The coordinator compares the digests, and if a mismatch is discovered, a request for the full data is sent to the mismatched nodes. The most current data found in a full data comparison is used to reconcile any inconsistent data on other replicas."
One disk failure
Since we are using only RAID10 arrays, one disk failure will not cause any relevant issue or service degradation.
Two disks failures
Worst case scenarios:
- two disks belonging to the same RAID10 array (except the one for the root partition) could bring an entire Cassandra instance offline. The cluster will keep working, achieving both READ and WRITE consistency levels, but if the load is really high we might see some performance degradations (especially in the overall throughput).
- two disks belonging to the same RAID10 root partition, bringing down an entire node and cluster down to two nodes (four instances). Since rack awareness guarantees that no data replica is present on the same node, we are reasonably sure to achieve consistency for WRITE and READ. Performances under load could get severely impacted, but the cluster will keep working.
Three disks failures
Three disk failures should not get the cluster in more trouble than the worst case scenarios for two disks failures.
Four disks failures
Worst case scenario:
- two disks failures in two different RAID10 arrays containing the root partition.
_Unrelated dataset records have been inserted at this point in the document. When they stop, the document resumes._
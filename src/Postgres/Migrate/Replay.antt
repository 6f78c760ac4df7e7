-- ===== src/Postgres/Migrate/Replay.antt =====
-- The schema is what the recorded scripts make of the first one.
use fx_quotes.Prelude.{
  ℕ, ◌+◌, ◌≤◌, ◌≡◌, refl, sym, inl, inr, false, List, [], ◌∷◌, ◌++◌, Option, none, some, Result, ok,
  err, arith, Bool-cases, Option-cases, if◌then◌else◌, if_both, if_cases,
}
use fx_quotes.Text.{Text, text_eq}
use fx_quotes.Text.Laws.{text_eq_iff}
use fx_quotes.Postgres.Tx.{Commit, answered, refused, unconfirmed}
use fx_quotes.Postgres.Migrate.{
  Migrated, MigrationIo, MigrateError, prepare_failed, record_failed, recorded, commit_migration,
  record_migration, run_script, apply_migration, apply_all, then_all, run_migrations, sort_strings,
}

-- How often a name is recorded.
abbrev pub times : Text → List Text → ℕ
times name [] = 0
times name (n ∷ ns) = (if text_eq n name then 1 else 0) + times name ns

times-append :
    (name : Text) (xs ys : List Text) → times name (xs ++ ys) ≡ times name xs + times name ys
times-append name [] ys = omega arith
times-append name (x ∷ xs) ys = omega (arith, times-append name xs ys)

times-recorded : (name : Text) (ns : List Text) → recorded name ns ≡ false → times name ns ≡ 0
unfolding recorded
times-recorded name [] h = refl
times-recorded name (n ∷ ns) h =
    let rest : recorded name ns ≡ false = ground (arith, h) in
    ground (arith, h, times-recorded name ns rest)

module _ {S : Type 0} (files : Text → Option (S → Option S)) (first : S) where
  abbrev bind_option : Option S → (S → Option S) → Option S
  bind_option none f = none
  bind_option (some s) f = f s

  -- One script of a replay.
  abbrev replay_one : Option (S → Option S) → S → Option S
  replay_one none s = none
  replay_one (some sql) s = sql s

  -- The recorded scripts, one behind the other.
  abbrev pub replay : List Text → S → Option S
  replay [] s = some s
  replay (name ∷ names) s = bind_option (replay_one (files name) s) (replay names)

  -- Each script is recorded once, and the schema is what the recorded scripts have made.
  abbrev pub IsReplay : Migrated S → Type 0
  IsReplay db =
      (replay db.ledger first ≡ some db.schema) × ((name : Text) → times name db.ledger ≤ 1)

  replay-append :
      (names : List Text) (name : Text) (sql : S → Option S) (s s' s'' : S)
      → files name ≡ some sql
      → sql s' ≡ some s''
      → replay names s ≡ some s'
      → replay (names ++ name ∷ []) s ≡ some s''
  replay-append [] name sql s s' s'' file ran h = let same : s ≡ s' = cc h in rw (file, same, ran)
  replay-append (n ∷ names) name sql s s' s'' file ran h =
      elim (Option-cases (replay_one (files n) s)) [
        | inl stuck ↦ cc (rw stuck at h)
        | inr (t, went) ↦ rw went (replay-append names name sql t s' s'' file ran (rw went at h))
      ]

  commit_migration-IsReplay :
      (commit : Commit) (before after : Migrated S)
      → IsReplay before
      → IsReplay after
      → IsReplay (commit_migration files commit before after).0
  commit_migration-IsReplay answered before after hb ha = ha
  commit_migration-IsReplay (refused f) before after hb ha = hb
  commit_migration-IsReplay (unconfirmed f) before after hb ha = ha

  run_script-IsReplay :
      (io : MigrationIo) (name : Text) (db : Migrated S) (script : Option (S → Option S))
      → files name ≡ script
      → recorded name db.ledger ≡ false
      → IsReplay db
      → IsReplay (run_script files io name db script).0
  run_script-IsReplay io name db none file fresh h = h
  run_script-IsReplay io name db (some sql) file fresh h = recording (sql db.schema) refl
    where
      once : (n : Text) → times n (db.ledger ++ name ∷ []) ≤ 1
      once n = elim (Bool-cases (text_eq name n)) [
        | inl hit ↦
            let same : n ≡ name = sym ((text_eq_iff name n).0 hit) in
            let absent : times n db.ledger ≡ 0 =
              rw (← same) at (times-recorded name db.ledger fresh) in
            ground (arith, times-append n db.ledger (name ∷ []), hit, absent)
        | inr other ↦ ground (arith, times-append n db.ledger (name ∷ []), other, h.1 n)
      ]

      recording :
          (o : Option S) → sql db.schema ≡ o → IsReplay (record_migration files io name db o).0
      recording none ran = h
      recording (some schema) ran =
          let after : Migrated S = record { ledger = db.ledger ++ name ∷ []; schema = schema } in
          if_both (λ (out : Migrated S × Result MigrateError (Unit {0})). IsReplay out.0)
            io.record_fails (db, err record_failed) (commit_migration files io.commit db after) h
            (commit_migration-IsReplay io.commit db after h
              (replay-append db.ledger name sql first db.schema schema file ran h.0, once))

  apply_migration-IsReplay :
      (io : MigrationIo) (name : Text) (db : Migrated S)
      → IsReplay db
      → IsReplay (apply_migration files io name db).0
  unfolding apply_migration
  apply_migration-IsReplay io name db h =
      let P = λ (out : Migrated S × Result MigrateError (Unit {0})). IsReplay out.0 in
      if_both P io.prepare_fails (db, err prepare_failed) _ h
        (if_cases P (recorded name db.ledger) (commit_migration files io.commit db db)
          (run_script files io name db (files name))
          (λ old. commit_migration-IsReplay io.commit db db h h)
          (λ fresh. run_script-IsReplay io name db (files name) refl fresh h))

  then_all-IsReplay :
      (f : Migrated S → Migrated S × Result MigrateError (Unit {0}))
      (out : Migrated S × Result MigrateError (Unit {0}))
      → ((db : Migrated S) → IsReplay db → IsReplay (f db).0)
      → IsReplay out.0
      → IsReplay (then_all files f out).0
  then_all-IsReplay f (db, ok done) keeps h = keeps db h
  then_all-IsReplay f (db, err e) keeps h = h

  apply_all-IsReplay :
      (io : Text → MigrationIo) (names : List Text) (db : Migrated S)
      → IsReplay db
      → IsReplay (apply_all files io names db).0
  unfolding apply_all
  apply_all-IsReplay io [] db h = h
  apply_all-IsReplay io (name ∷ names) db h =
      then_all-IsReplay (apply_all files io names) (apply_migration files (io name) name db)
        (apply_all-IsReplay io names) (apply_migration-IsReplay (io name) name db h)

  -- Files that any replicas apply, one behind the other, with their faults.
  abbrev pub apply_each : List (Text × MigrationIo) → Migrated S → Migrated S
  apply_each [] db = db
  apply_each ((name, io) ∷ calls) db = apply_each calls (apply_migration files io name db).0

  abbrev pub unmigrated : Migrated S
  unmigrated = record { ledger = []; schema = first }

  apply_each-IsReplay :
      (calls : List (Text × MigrationIo)) (db : Migrated S)
      → IsReplay db
      → IsReplay (apply_each calls db)
  apply_each-IsReplay [] db h = h
  apply_each-IsReplay ((name, io) ∷ calls) db h =
      apply_each-IsReplay calls (apply_migration files io name db).0
        (apply_migration-IsReplay io name db h)

  -- Whatever files any replicas have applied before to a fresh database, and whatever fails then and
  -- now, also a commit whose answer is lost: after `runMigrations` the schema is what the recorded
  -- scripts make of the first one in the order of the records, and no script is recorded twice.
  pub run_migrations-IsReplay :
      (calls : List (Text × MigrationIo)) (io : Text → MigrationIo) (names : List Text)
      → IsReplay (run_migrations files io names (apply_each calls unmigrated)).0
  unfolding run_migrations
  run_migrations-IsReplay calls io names =
      apply_all-IsReplay io (sort_strings names) (apply_each calls unmigrated)
        (apply_each-IsReplay calls unmigrated (refl, λ name. omega arith))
This will cause four Cassandra instances down and the cluster completely impaired (no READ/WRITE quorum achievable).
There are other scenarios (combinations of the previous ones listed above) that would allow the cluster to run even with four disks failures.
We need to keep in mind that other kind of failures, like rack down, complete host breakage, etc.. could add up to one of the regular disks failure scenarios described above. One node down means two Cassandra instances down, so a combined failure would of course lower down the disks failure resiliency.
We have explored the possibility to use RAID0 arrays for each Cassandra instance, keeping RAID10 only for the root partitions. It would give us a lot more disk space available but it would also lower down the overall resiliency of the cluster (with two disks failures we could be in serious trouble).